Dosimeters are also used to collect data for use in legal proceedings, development of engineering noise controls, and other industrial hygiene purposes. When planning to conduct noise exposure measurements, steps must be taken to ensure that the dosimeters are calibrated and operated according to manufacturers' specifications. It is also necessary to understand the properties of the acoustic environment, the main measurement objectives as they relate to determining the risk to hearing damage, and the limitations associated with the use of dosimeters. Dosimeter manufacturers recommend that the instrument be calibrated with an acoustical calibrator such as a pistonphone before and after each measurement to verify reliable operation. In addition to field calibration routines, the manufacturers recommend periodic comprehensive calibration and certification of the instrument by an accredited laboratory using traceable reference sources. Field calibration of contemporary dosimeters has been mostly automated through PC-based programs that run the calibration routine, document the time and date, and adjust for any offset in levels.

== Occupational settings ==

Current dosimeters are designed to provide the user with parameters such as noise dose, time-weighted average, sound exposure level, as well as peak, maximum, and minimum sound pressure levels. Most dosimeters also generate statistical and graphical representations of the collected data. ANSI S1.25 specifies that dosimeters should at least provide the following parameters:

Frequency weighting: A-weighting or C-weighting

Exponential averaging: F (fast); S (slow)
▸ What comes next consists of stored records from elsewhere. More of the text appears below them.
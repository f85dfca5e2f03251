-- ===== src/Delay.antt =====
-- modules/futures/src/timer.rs: the delay future over the timer queue, and the timer interrupt. A
-- delay is named by the address of its waker, which is the payload of its entry; `delays f` is `none`
-- if there is none or it is dropped, and reading through a pointer to it is a panic here. The counter
-- of the timer device is an argument, and `compare` is its compare register.
pub mod Compare
pub mod Bounds
pub mod Handler
pub mod Interleaving
pub mod Stale
pub mod Race
mod Tests
use rt_async.Base.{
  ℕ, ◌+◌, ◌-◌, ◌*◌, ◌/◌, ◌%◌, ◌^◌, Bool, true, false, Option, none, some, List, [], ◌∷◌, ◌==◌,
  if◌then◌else◌, leb, min, update,
}
use rt_async.Base.Outcome.{Outcome, done, panic, ◌>>=◌, unwrap}
use rt_async.External.{VecSeq}
use rt_async.TimerQueue
use rt_async.TimerQueue.{Entry, TimerQueue, schedule, cancel, dequeue_expired}

-- `TimerDelay`
pub record TimerDelay : Type 0 where
  pub deadline : ℕ
  pub registered : Bool
  pub waker : Option ℕ

-- `TIMER_QUEUE`, the delays and the device
pub record Timers : Type 0 where
  pub queue : TimerQueue
  pub delays : ℕ → Option TimerDelay
  pub compare : ℕ

pub data Poll : Type 0 where
  ready pending : Poll

-- How far `begin_poll` came: to an answer, or past `schedule` with its answer.
pub data Progress : Type 0 where
  answers : Poll → Progress
  scheduled : Bool → Progress

-- `u64::MAX`
abbrev pub far : ℕ
far = 2 ^ 64 - 1

-- The address of `wake_trampoline`
abbrev pub wake_trampoline : ℕ
wake_trampoline = 1

-- The queue has 16 entries, and `start` of platform/src/lib.rs sets the furthest deadline.
unfoldable pub new : Timers
new = record { queue = TimerQueue.new 16; delays = λ f. none; compare = far }

-- `after`: the product is 128 bits wide, the cast to 64 bits drops what is above, and the sum
-- saturates.
unfoldable pub after : ℕ → ℕ → ℕ → TimerDelay
after duration hw_freq now =
    let ticks = (duration * hw_freq / 1000000000) % 2 ^ 64 in
    record { deadline = min (now + ticks) far; registered = false; waker = none }

-- A new delay at the free address `f`
unfoldable pub create : Timers → ℕ → TimerDelay → Timers
create t f delay = record t { delays = update t.delays f (some delay) }

module _ (vec : VecSeq Entry) where
  -- The branch of `poll` before the deadline, for a delay that is not registered, up to the end of the
  -- critical section of `schedule`
  unfoldable pub enlist : Timers → ℕ → ℕ → TimerDelay → Outcome (Timers × Bool)
  enlist t f cx delay = do
    (queue, is_earliest) ←
        schedule vec t.queue
          (record { deadline = delay.deadline; callback = wake_trampoline; payload = f })
    done (
      record t {
        queue = queue;
        delays = update t.delays f (some (record delay { waker = some cx }));
      },
      is_earliest,
    )

  -- `poll` as far as it goes before an interrupt can see a difference: to its answer, or to the end of
  -- `schedule`
  unfoldable pub begin_poll : Timers → ℕ → ℕ → ℕ → Outcome (Timers × Progress)
  begin_poll t f cx now = do
    delay ← unwrap (t.delays f)
    (if leb delay.deadline now
        then done (
          record t { delays = update t.delays f (some (record delay { registered = false })) },
          answers ready,
        )
        else (if delay.registered
            then done (t, answers pending)
            else (do (t', is_earliest) ← enlist t f cx delay; done (t', scheduled is_earliest))))

  -- The rest of `poll` after `schedule`: the deadline is written if it is the earliest, and the delay is
  -- registered, which no other code reads.
  unfoldable pub end_poll : Timers → ℕ → Bool → Outcome Timers
  end_poll t f is_earliest = do
    delay ← unwrap (t.delays f)
    done (record t {
      delays = update t.delays f (some (record delay { registered = true }));
      compare = (if is_earliest then delay.deadline else t.compare);
    })

  -- A whole `poll`, with nothing in between
  unfoldable pub poll : Timers → ℕ → ℕ → ℕ → Outcome (Timers × Poll)
  poll t f cx now = do
    (t', progress) ← begin_poll t f cx now
    elim progress [
      | answers answer ↦ done (t', answer)
      | scheduled is_earliest ↦ do t'' ← end_poll t' f is_earliest; done (t'', pending)
    ]

  -- `Drop` of the delay at `f`
  unfoldable pub drop_delay : Timers → ℕ → Outcome Timers
  drop_delay t f = do
    delay ← unwrap (t.delays f)
    (if delay.registered
        then (do
          (queue, found) ← cancel vec t.queue f
          done (record t { queue = queue; delays = update t.delays f none }))
        else done (record t { delays = update t.delays f none }))

  -- The calls of `wake_trampoline` for the entries that were fired, and the wakers that are called
  unfoldable pub fire : (ℕ → Option TimerDelay) → List Entry → Outcome (List ℕ)
  fire delays [] = done []
  fire delays (e ∷ es) = do
    delay ← unwrap (delays e.payload)
    woken ← fire delays es
    done (elim delay.waker [ none ↦ woken | some w ↦ w ∷ woken ])

  -- The furthest deadline stays in the register if nothing is left in the queue.
  unfoldable pub handle_timer_isr : Timers → ℕ → Outcome (Timers × List ℕ)
  handle_timer_isr t now = do
    (queue, fired, next) ← dequeue_expired vec t.queue now
    woken ← fire t.delays fired
    done (record t { queue = queue; compare = (elim next [ none ↦ far | some d ↦ d ]) }, woken)
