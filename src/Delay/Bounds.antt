-- ===== src/Delay/Bounds.antt =====
-- The deadline that `after` of modules/futures/src/timer.rs computes.
use rt_async.Base.{refl, ℕ, ◌+◌, ◌*◌, ◌/◌, ◌^◌, ◌<◌, ◌≤◌, ◌≡◌, arith, min}
use rt_async.Delay.{after, far}
use native.Mathlib.Nat.{mod-eq_of_lt}

-- Nothing is cut off by the cast to 64 bits, on a clock of at most 1 GHz and a duration of 64 bits.
ticks-lt :
    (duration hw_freq : ℕ)
    → duration < 2 ^ 64
    → hw_freq ≤ 1000000000
    → duration * hw_freq / 1000000000 < 2 ^ 64
ticks-lt duration hw_freq hd hf =
    let below : duration * hw_freq ≤ duration * 1000000000 = grind arith in omega arith

-- `after` of a duration below 2 ^ 64 nanoseconds, at a counter of 64 bits and a clock of at most 1
-- GHz: the deadline is the present plus the ticks of the duration, or the largest word if that is
-- past it; so it is a word, and it is not before the present.
pub after_lem :
    (duration hw_freq now : ℕ)
    → duration < 2 ^ 64
    → hw_freq ≤ 1000000000
    → now < 2 ^ 64
    → ((after duration hw_freq now).deadline ≡ min (now + duration * hw_freq / 1000000000) far)
      × ((after duration hw_freq now).deadline < 2 ^ 64)
      × (now ≤ (after duration hw_freq now).deadline)
unfolding after
after_lem duration hw_freq now hd hf hn =
    let small = ticks-lt duration hw_freq hd hf in
    rw (mod-eq_of_lt small) (refl, omega arith, omega arith)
Criterion level: 90, 85, 84, 80, or V (variable)

Criterion duration: Hours

Threshold level: 90, 80, or V (variable)

Exchange rate: 5, 4, or 3

A noise or sound dose is the amount of sound a person is exposed to in a day. The dose is represented by a percentage. A noise dose of 100% means that a person has exceeded the permissible amount of noise. Any noise exposure after the 100% noise dose may damage hearing. The exchange rate is the rate at which exposure accumulates. An addition of the exchange rate results in a halving of exposure time. The following table represents the exposure levels for occupational organizations as of November 2018:

| OSHA | NIOSH | FRA | MSHA |
|---|---|---|---|
| Permissible Exposure Level: 90 dBA 8-hour TWA Action Level: 85 dBA 8-hour TWA | Recommended Exposure Limit: 85 dBA 8-hour TWA | Permissible Exposure Level: 90 dBA 8-hour TWA Action Level: 85 dBA 8-hour TWA | Permissible Exposure Level: 90 dBA 8-hour TWA Action Level: 85 dBA 8-hour TWA |
| 5 dB exchange rate | 3 dB exchange rate | 5 dB exchange | 5 dB exchange rate |

== Standardization ==

The international body that specifies the technical requirements of such instruments as sound level meters and dosimeters is the International Electrotechnical Commission (IEC) based in Geneva; however, the method of their use is normally given in an International Organization for Standardization (ISO) publication. In the U.S., the American National Standards Institute (ANSI) ANSI S1.25-1991 (R2007) specifies the performance characteristics of personal noise dosimeters.

== Use of dosimeters ==

The original dosimeters were designed to be belt worn with a microphone connected to the body of the dosimeter and mounted on the shoulder as near to the ear as practicable. These devices were worn for the full work shift and at the end would give a readout initially in percentage dose, or in some other exposure metric. These were the most common way of making measurements to meet legislation in the US, but in Europe, the conventional sound level meter was favoured. There were many reasons for this, but in general in Europe the dosimeter was distrusted for several reasons, some being.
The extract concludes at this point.